Ma, ci si può chiedere oggi, come si è giunti ad un errore tanto marchiano? Come è possibile che storici e antropologi siano arrivati ad una così incredibile deformazione della realtà? La risposta a questa domanda sta in una serie impressionante di incredibili coincidenze, approssimazioni e fraintendimenti culturali.Negli anni tra le due guerre mondiali molti studiosi cominciarono a sostenere che per spiegare una quantità di convergenze e di corrispondenze di simboli, dati antropologici e filologici, ecc., è necessario ammettere l'esistenza di una razza nordico primordiale, che verso l'Età della Pietra dalle regioni artiche si sarebbe spostata verso il sud, dando luogo alle forme più alte di una civilizzazione di tipo cosmico-solare in netta contrapposizione con le cività preistoriche "meridionali" caratterizzate dai culti della grande madre.
Secondo questi studiosi sarebbe esistita una dimora polare, patria primitiva della razza nordica, che aveva sviluppato una sorta di civiltà da "Età dell'Oro" (corrisponderebbe, secondo le ultime ricerche, ad un periodo interglaciale "caldo" collocabile tra il 40.000 ed il 28.000 a.C.).
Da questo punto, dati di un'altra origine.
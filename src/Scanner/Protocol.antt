-- ===== src/Scanner/Protocol.antt =====
-- pywayland/scanner/protocol.py and the loop of `main` in pywayland/scanner/__main__.py: a
-- protocol, which becomes a package, and the map from interfaces to protocols.
pub mod Files
pub mod Imports
pub mod Order
pub mod Parsing
use Prim.Native.Nat.{Ordering}
use Prim.Native.Char.{code}
use Prim.Native.String.{compare}
use pywayland_i6ie.Base.{
  ℕ, String, ◌<>◌, Bool, true, false, Option, none, some, List, [], ◌∷◌, ◌++◌, map, Error, Result,
  ok, err, value_error, ◌>>=◌, if◌then◌else◌, ◌==◌, ◌||◌, String-Eq, ℕ-Eq,
}
use pywayland_i6ie.Base.Dict.{Dict, insert}
use pywayland_i6ie.Base.Text.{join}
use pywayland_i6ie.Base.Words.{replace_dashes}
use pywayland_i6ie.Scanner.Library.{Library}
use pywayland_i6ie.Scanner.Printer.{Printer, Output, printer, ◌⨾◌, line, blank, each}
use pywayland_i6ie.Scanner.Xml.{
  Xml, tag, parse_attribute, parse_optional_child, parse_repeated_child,
}
use pywayland_i6ie.Scanner.Description.{
  Description, Copyright, parse_description, parse_copyright, output_copyright,
}
use pywayland_i6ie.Scanner.Interface.{Interface, parse_interface, class_name, output_interface}

pub record Protocol : Type 0 where
  pub name : String
  pub copyright : Option Copyright
  pub description : Option Description
  pub interface : List Interface

unfoldable pub parse_protocol : Library → Xml → Result Protocol
unfolding parse_attribute parse_optional_child parse_repeated_child parse_copyright
    parse_description parse_interface
parse_protocol L x = do
  name ← parse_attribute x "name"
  copyright ← parse_optional_child (parse_copyright L) x "copyright"
  description ← parse_optional_child (parse_description L) x "description"
  interface ← parse_repeated_child (parse_interface L) x "interface"
  ok (record {
    name = name;
    copyright = copyright;
    description = description;
    interface = interface;
  })

parse_root : Library → Option (Result Xml) → Result Protocol
parse_root L none = err value_error
parse_root L (some (err e)) = err e
parse_root L (some (ok root)) =
    let parsed = parse_protocol L root in if tag root == "protocol" then parsed else err value_error

-- `parse_file`, where `load` gives nothing for a path that is not there, and else what `ET.parse`
-- returns or raises, such as a `ParseError`.
unfoldable pub parse_file : Library → (String → Option (Result Xml)) → String → Result Protocol
unfolding parse_root parse_protocol
parse_file L load input_file = parse_root L (load input_file)

-- `copyright_default`, by its lines.
notice_lines : List String
notice_lines =
    "# Copyright 2015 Sean Vig" ∷ "#"
    ∷ "# Licensed under the Apache License, Version 2.0 (the \"License\");"
    ∷ "# you may not use this file except in compliance with the License."
    ∷ "# You may obtain a copy of the License at" ∷ "#"
    ∷ "#    http://www.apache.org/licenses/LICENSE-2.0" ∷ "#"
    ∷ "# Unless required by applicable law or agreed to in writing, software"
    ∷ "# distributed under the License is distributed on an \"AS IS\" BASIS,"
    ∷ "# WITHOUT WARRANTIES OR CONDITIONS OF ANY KIND, either express or implied."
    ∷ "# See the License for the specific language governing permissions and"
    ∷ "# limitations under the License." ∷ []

copyright_default : String
unfolding notice_lines
copyright_default = join "\n" notice_lines

-- What is done to the file system: a directory made, or a file written with these lines.
pub data Effect : Type 0 where
  mkdir : String → Effect
  write : String → List String → Effect

-- `os.path.join(a, b)`
ends_with_slash : String → Bool
ends_with_slash String.[] = true
ends_with_slash (String.◌∷◌ c String.[]) = code c == b'/'
ends_with_slash (String.◌∷◌ c (String.◌∷◌ d s)) = ends_with_slash (String.◌∷◌ d s)

starts_with_slash : String → Bool
starts_with_slash String.[] = false
starts_with_slash (String.◌∷◌ c s) = code c == b'/'

unfoldable pub path_join : String → String → String
unfolding ends_with_slash starts_with_slash
path_join a b =
    if starts_with_slash b then b else if ends_with_slash a then a <> b else a <> "/" <> b

-- `sorted(interfaces, key=lambda x: x.name)`
place_by_name : Ordering → Interface → Interface → List Interface → List Interface → List Interface
place_by_name Ordering.gt x y interfaces later = y ∷ later
place_by_name _ x y interfaces later = x ∷ y ∷ interfaces

insert_by_name : Interface → List Interface → List Interface
insert_by_name x [] = x ∷ []
insert_by_name x (y ∷ interfaces) =
    place_by_name (compare x.name y.name) x y interfaces (insert_by_name x interfaces)

unfoldable pub sort_by_name : List Interface → List Interface
unfolding place_by_name insert_by_name
sort_by_name [] = []
sort_by_name (x ∷ interfaces) = insert_by_name x (sort_by_name interfaces)

-- The notice at the top, with the empty line behind it.
output_notice : Option Copyright → Output
output_notice none = line copyright_default ⨾ blank
output_notice (some copyright) = output_copyright copyright ⨾ blank

init_line : Interface → Output
init_line i = line ("from ." <> i.name <> " import " <> class_name i <> "  # noqa: F401")

unfoldable pub output_init : Protocol → Output
unfolding output_notice init_line sort_by_name copyright_default
output_init protocol =
    output_notice protocol.copyright ⨾ each init_line (sort_by_name protocol.interface)

-- What was done, and whether it ended with an exception: what is written before one stays written.
pub record Run : Type 0 where
  pub effects : List Effect
  pub outcome : Result (Unit {0})

unfoldable pub then_run : Run → Run → Run
then_run first second = elim first.outcome [
  | ok _ ↦ record { effects = first.effects ++ second.effects; outcome = second.outcome }
  | err _ ↦ first
]

-- A file is written once its printer is done.
write_printed : String → Result Printer → Run
write_printed path (err e) = record { effects = []; outcome = err e }
write_printed path (ok p) = record { effects = write path p.lines ∷ []; outcome = ok tt }

unfoldable pub make_dir : (String → Bool) → String → Run
make_dir exists dir = record {
  effects = if exists dir then [] else mkdir dir ∷ [];
  outcome = ok tt;
}

write_init : Protocol → String → Run
unfolding write_printed output_init path_join
write_init protocol dir =
    write_printed (path_join dir "__init__.py")
      (output_init protocol (printer (replace_dashes protocol.name) none none))

module _ (L : Library) where
  output_interface_module : Protocol → Dict String → Interface → Output
  unfolding output_notice
  output_interface_module protocol module_imports i =
      output_notice protocol.copyright ⨾ output_interface L i module_imports

  write_interface : String → Protocol → Dict String → Interface → Run
  unfolding write_printed output_interface_module
  write_interface output_dir protocol module_imports i =
      write_printed (path_join output_dir (i.name <> ".py")) (
        output_interface_module protocol module_imports i
          (printer (replace_dashes protocol.name) (some i.name) (some module_imports)))

  write_interfaces : String → Protocol → Dict String → List Interface → Run
  unfolding write_interface then_run
  write_interfaces output_dir protocol module_imports [] = record { effects = []; outcome = ok tt }
  write_interfaces output_dir protocol module_imports (i ∷ interfaces) =
      then_run (write_interface output_dir protocol module_imports i)
        (write_interfaces output_dir protocol module_imports interfaces)

  -- `Protocol.output`, where `exists` tells which paths are there.
  unfoldable pub output_protocol : (String → Bool) → Protocol → String → Dict String → Run
  unfolding make_dir write_init write_interfaces then_run path_join
  output_protocol exists protocol output_dir module_imports =
      let dir = path_join output_dir (replace_dashes protocol.name) in
      then_run (make_dir exists dir) (
        then_run (write_init protocol dir)
          (write_interfaces dir protocol module_imports protocol.interface))

  -- The loop over the protocols in `main`; a directory that was made for one is there for the next.
  unfoldable pub output_protocols : (String → Bool) → List Protocol → String → Dict String → Run
  unfolding output_protocol then_run
  output_protocols exists [] output_dir module_imports = record { effects = []; outcome = ok tt }
  output_protocols exists (protocol ∷ protocols) output_dir module_imports =
      let dir = path_join output_dir (replace_dashes protocol.name) in
      then_run (output_protocol exists protocol output_dir module_imports)
        (output_protocols (λ path. path == dir || exists path) protocols output_dir module_imports)

-- The dict `protocol_imports` of `main`: a later protocol takes an interface over.
unfoldable pub add_interfaces : String → List Interface → Dict String → Dict String
add_interfaces protocol [] d = d
add_interfaces protocol (i ∷ interfaces) d =
    add_interfaces protocol interfaces (insert i.name protocol d)

unfoldable pub add_protocols : List Protocol → Dict String → Dict String
unfolding add_interfaces
add_protocols [] d = d
add_protocols (protocol ∷ protocols) d =
    add_protocols protocols (add_interfaces protocol.name protocol.interface d)

unfoldable pub protocol_imports : List Protocol → Dict String
unfolding add_protocols
protocol_imports protocols = add_protocols protocols []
Si noti che la stessa definizione scientifica di "Era Glaciale" è " Era geologica in cui le calotte polari sono coperte da ghiacci". Ciò lascia supporre che nelle ere interglaciali le calotte polari fossero totalmente o parzialmente libere da ghiacci.
Secondo lo studioso tedesco Herman Felix Wirth (membro come Himmler della società segreta Ahnenerbe), una grande quantità di dati geologici, climatici e botanici veramente impressionanti dimostravano come allora, tra i 70 e gli 80 gradi di latitudine Nord, vi era una temperatura media annua paragonabile ad un clima temperato (sui 10 gradi centigradi, contro i 20 sotto zero attuali a quelle latitudini) e che questo territorio aveva incluso anche l'Islanda, la Groenlandia e le Isole Spitzbergen.
Era L'Atlantide polare, Thule, la sacra dimora della prima umanità. Umanità che quindi, secondo Wirth, era nata in un periodo "Terziario", molto prima dell'arrivo di una fortissima glaciazione (dal 28.000 a.C. - ultima fase del Wurm) che aveva di conseguenza costretto gli abitanti di questo Eden Polare a migrare verso Sud, per costituire più tardi l'Atlantide platoniana che tutti conosciamo (dal 15.000 al 9.000 circa a.C.).
La fine del Wurm, l'innalzamento repentino dei mari, insieme con altre catastrofi naturali (il Diluvio Universale) aveva costretto i superstiti dell'Atlantide ariana ad una diaspora in Europa, Asia, Africa nordoccidentale ed America.
Nel XIX secolo, dal momento che le più antiche lingue indo-europee conosciute erano di derivazione indo-iranica, si iniziò ad utilizzare il termine “ariano” in forma estensiva, per riferirsi a tutto il ceppo etno-linguistico che includeva Greci, Romani e Germani e, poco più tardi, riconoscendo le chiare affinità radicali dei rispettivi idiomi, anche Baltici, Celti, Slavi e Armeni. Tutti questi popoli, che in effetti derivano da un macro gruppo linguistico oggi chiamato “proto-indo-europeo”, di cui fa parte anche l’iranico, dunque, semplicemente per brevità vennero definiti “ariani”.
Probabilmente il primo ad usare il termine “razza ariana” nel senso oggi ad esso attribuito fu, nel 1861, Max Müller nel suo Lectures on the Science of Language, in cui, compiendo un grave errore, si riferiva agli Ariani non come ad un gruppo linguistico ma come ad una razza, anche se, in numerosi scritti successivi, si corresse, arrivando persino ad affermare: “Devo ripetere ancora una volta che sarebbe erroneo parlare di un sangue ariano esattamente come lo sarebbe parlare di una grammatica dolicocefala…”.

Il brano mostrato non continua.